I don't have a true cycle to break, but I want to avoid working so much that I miss my children's milestones. I say this after a grueling day of travel---but I'm back home after a day of flying---1,500 miles round trip. My dad impressed upon me the regret he feels for being gone so often during my childhood. He traveled so often. "Cats in the Cradle" is his story. He was a great provider for our family, but he traveled to the ends of the Earth to bring home the bacon. His efforts allowed me to live in a comfortable world with lots of opportunity, but Dad's travel left me vulnerable.

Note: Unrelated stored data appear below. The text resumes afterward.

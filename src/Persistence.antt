-- ===== src/Persistence.antt =====
-- The data-access layer, persistence/repositories/.
pub mod ApiKeys
pub mod AdapterRoutes
pub mod Pricing
pub mod Tenants
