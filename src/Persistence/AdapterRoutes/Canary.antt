-- ===== src/Persistence/AdapterRoutes/Canary.antt =====
-- Which stage `AdapterRouteRepository.resolve_with_canary` of
-- persistence/repositories/adapter_route_repository.py picks.
use native.Mathlib.Nat.{mod-eq_of_lt}
use llmops_gateway.Prelude.{
  ℕ, zero, suc, min, ◌≤◌, ◌%◌, String, Bool, false, ◌&&◌, ◌==◌, string_eq, eq_iff, Bool-cases, inl,
  inr, first_passes, ◌≡◌, Option, none, some, List, arith, ltb, if◌then◌else◌,
}
use llmops_gateway.Persistence.AdapterRoutes.{
  AdapterRoute, has_key, get_active, resolve_with_canary,
}

abbrev pub active_at : String → String → List AdapterRoute → String → Option AdapterRoute
active_at tenant_id model_alias rows stage =
    get_active (record { tenant_id = tenant_id; model_alias = model_alias; stage = stage }) rows

resolve_with_canary-split :
    (digest : String → ℕ) (tenant_id model_alias routing_key : String) (rows : List AdapterRoute)
    {production staging : AdapterRoute}
    → active_at tenant_id model_alias rows "Production" ≡ some production
    → active_at tenant_id model_alias rows "Staging" ≡ some staging
    → resolve_with_canary digest tenant_id model_alias routing_key none rows ≡ (
        if ltb (digest routing_key % 100) staging.canary_percent
        then some staging
        else some production)
unfolding resolve_with_canary
resolve_with_canary-split digest tenant_id model_alias routing_key rows p s = ground arith

-- The stage that an answer names.
abbrev pub in_stage : String → Option AdapterRoute → Bool
in_stage stage none = false
in_stage stage (some row) = row.stage == stage

active_at_stage :
    (tenant_id model_alias : String) (rows : List AdapterRoute) (stage : String)
    {row : AdapterRoute}
    → active_at tenant_id model_alias rows stage ≡ some row
    → row.stage ≡ stage
unfolding get_active
active_at_stage tenant_id model_alias rows stage {row} h = ground (
  arith,
  first_passes
      (λ r.
        has_key (record { tenant_id = tenant_id; model_alias = model_alias; stage = stage }) r
        && r.enabled)
      rows h,
  eq_iff row.stage stage,
)

module _ (tenant_id model_alias routing_key : String) (rows : List AdapterRoute) where
  -- Of the digests below `n`, those whose requests go to staging.
  abbrev pub staging_share : ℕ → ℕ
  staging_share zero = 0
  staging_share (suc n) =
      let rest = staging_share n in
      if in_stage "Staging"
        (resolve_with_canary (λ key. n) tenant_id model_alias routing_key none rows)
      then suc rest
      else rest

  staging_share-min :
      (n : ℕ) {production staging : AdapterRoute}
      → active_at tenant_id model_alias rows "Production" ≡ some production
      → active_at tenant_id model_alias rows "Staging" ≡ some staging
      → n ≤ 100
      → staging_share n ≡ min n staging.canary_percent
  staging_share-min zero p s h = omega arith
  staging_share-min (suc n) {production} {staging} p s h =
      let rest = staging_share-min n p s (omega arith) in
      let small : n % 100 ≡ n = mod-eq_of_lt (omega arith) in
      let at_production = active_at_stage tenant_id model_alias rows "Production" p in
      let at_staging = active_at_stage tenant_id model_alias rows "Staging" s in
      let split = resolve_with_canary-split (λ key. n) tenant_id model_alias routing_key rows p s in
      elim (Bool-cases (ltb n staging.canary_percent)) [
        | inl below ↦ rw (split, small, below, at_staging) (ground (arith, rest))
        | inr above ↦ rw (split, small, above, at_production) (ground (arith, rest))
      ]

  -- With no preferred stage, active routes in both stages and a percentage of at most a hundred:
  -- of the digests from 0 to 99 of routing keys, exactly that many go to staging.
  pub staging_share_exact :
      {production staging : AdapterRoute}
      → active_at tenant_id model_alias rows "Production" ≡ some production
      → active_at tenant_id model_alias rows "Staging" ≡ some staging
      → staging.canary_percent ≤ 100
      → staging_share 100 ≡ staging.canary_percent
  staging_share_exact p s h = omega (arith, staging_share-min 100 p s (omega arith))
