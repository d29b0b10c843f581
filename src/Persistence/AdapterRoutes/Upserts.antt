-- ===== src/Persistence/AdapterRoutes/Upserts.antt =====
-- Lookups after `AdapterRouteRepository.upsert` and `disable` of
-- persistence/repositories/adapter_route_repository.py.
use llmops_gateway.Prelude.{
  ℕ, String, ◌≡◌, refl, ap, true, false, none, some, List, [], ◌∷◌, ◌++◌, string_eq, eq_iff, first,
  arith, Bool-cases, Option-cases, inl, inr, if◌then◌else◌,
}
use llmops_gateway.Persistence.AdapterRoutes.{
  AdapterRoute, RouteKey, RouteValues, has_key, get_by_unique, written, new_row, change_first,
  upsert, clamp_percent,
}

-- A change that keeps the key fields.
abbrev KeepsKey : (AdapterRoute → AdapterRoute) → Type 0
KeepsKey change = (k : RouteKey) (row : AdapterRoute) → has_key k (change row) ≡ has_key k row

first-change_self :
    (k : RouteKey) (change : AdapterRoute → AdapterRoute) (rows : List AdapterRoute)
    {row : AdapterRoute}
    → KeepsKey change
    → first (has_key k) rows ≡ some row
    → first (has_key k) (change_first (has_key k) change rows) ≡ some (change row)
first-change_self k change [] keep h = cc
first-change_self k change (r ∷ rows) {row} keep h = elim (Bool-cases (has_key k r)) [
  | inl here ↦
      let same : some r ≡ some row = rw here at h in rw here (rw (keep k r, here) (cc same))
  | inr there ↦ rw there (rw there (first-change_self k change rows keep (rw there at h)))
]

first-append :
    (k : RouteKey) (rows : List AdapterRoute) (row : AdapterRoute)
    → first (has_key k) rows ≡ none
    → has_key k row ≡ true
    → first (has_key k) (rows ++ (row ∷ [])) ≡ some row
first-append k [] row h e = rw e
first-append k (r ∷ rows) row h e = elim (Bool-cases (has_key k r)) [
  | inl here ↦ cc (rw here at h)
  | inr there ↦ rw there (first-append k rows row (rw there at h) e)
]

has_key-new_row :
    (id : String) (now : ℕ) (k : RouteKey) (v : RouteValues) → has_key k (new_row id now k v) ≡ true
has_key-new_row id now k v = ground (
  arith,
  eq_iff k.tenant_id k.tenant_id,
  eq_iff k.model_alias k.model_alias,
  eq_iff k.stage k.stage,
)

-- After an upsert the lookup by its key finds a row with the values written, enabled as asked, and
-- with the percentage clamped to a hundred.
pub get_by_unique-upsert :
    (id : String) (now : ℕ) (k : RouteKey) (v : RouteValues) (rows : List AdapterRoute)
    → (row : AdapterRoute) × (get_by_unique k (upsert id now k v rows) ≡ some row)
      × (row.base_model ≡ v.base_model)
      × (row.adapter_id ≡ v.adapter_id)
      × (row.enabled ≡ v.enabled)
      × (row.canary_percent ≡ clamp_percent v.canary_percent)
unfolding upsert
get_by_unique-upsert id now k v rows = elim (Option-cases (first (has_key k) rows)) [
  | inl absent ↦ (
    new_row id now k v,
    rw (absent, upsert)
        (first-append k rows (new_row id now k v) absent (has_key-new_row id now k v)),
    refl,
    refl,
    refl,
    refl,
  )
  | inr (row, e) ↦ (
    written v row,
    rw (e, upsert) (first-change_self k (written v) rows (λ j r. refl) e),
    refl,
    refl,
    refl,
    refl,
  )
]

key_fields :
    (id : String) (now : ℕ) (k j : RouteKey) (v : RouteValues) (r : AdapterRoute)
    → has_key k r ≡ true
    → has_key j (new_row id now k v) ≡ false
    → has_key j r ≡ false
key_fields id now k j v r h other = ground (
  arith,
  eq_iff r.tenant_id k.tenant_id,
  eq_iff r.model_alias k.model_alias,
  eq_iff r.stage k.stage,
)

first-change_other :
    (id : String) (now : ℕ) (k j : RouteKey) (v : RouteValues) (rows : List AdapterRoute)
    → has_key j (new_row id now k v) ≡ false
    → first (has_key j) (change_first (has_key k) (written v) rows) ≡ first (has_key j) rows
first-change_other id now k j v [] other = refl
first-change_other id now k j v (r ∷ rows) other = elim (Bool-cases (has_key k r)) [
  | inl here ↦ rw here (rw (key_fields id now k j v r here other))
  | inr there ↦ rw there (
      ap (λ rest. if has_key j r then some r else rest)
        (first-change_other id now k j v rows other))
]

first-append_other :
    (j : RouteKey) (rows : List AdapterRoute) (row : AdapterRoute)
    → has_key j row ≡ false
    → first (has_key j) (rows ++ (row ∷ [])) ≡ first (has_key j) rows
first-append_other j [] row e = rw e
first-append_other j (r ∷ rows) row e =
    ap (λ rest. if has_key j r then some r else rest) (first-append_other j rows row e)

-- An upsert changes no lookup by another key: one that differs in the tenant, the alias or the
-- stage.
pub get_by_unique-upsert_other :
    (id : String) (now : ℕ) (k j : RouteKey) (v : RouteValues) (rows : List AdapterRoute)
    → has_key j (new_row id now k v) ≡ false
    → get_by_unique j (upsert id now k v rows) ≡ get_by_unique j rows
unfolding upsert
get_by_unique-upsert_other id now k j v rows other = elim (Option-cases (first (has_key k) rows)) [
  | inl absent ↦ rw (absent, upsert) (first-append_other j rows (new_row id now k v) other)
  | inr (row, e) ↦ rw (e, upsert) (first-change_other id now k j v rows other)
]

A twisted person sensed this and did what he could to take advantage of me. He complimented me. He made me feel more special than the others. Oh i was special...
I don't blame Dad because I became a CSA victim, but perhaps I would have responded differently if he didn't travel so much. Maybe. Maybe not.
I am breaking the chain by being more present in my childrens' lives. I turn down ephemeral opportunity for more lasting dividends. In the process, I want my kids to see me as a the dad who instills confidence. I want them to have the ability to withstand attempts to take advantage of them. I want them to trust their instincts and not walk, but run when their 6th sense tells them to. That gift is priceless---and one my dad taught me---even if it was after I had kids of my own. He still taught me the lesson. Go dad. It's ok. You did a great job raising your son.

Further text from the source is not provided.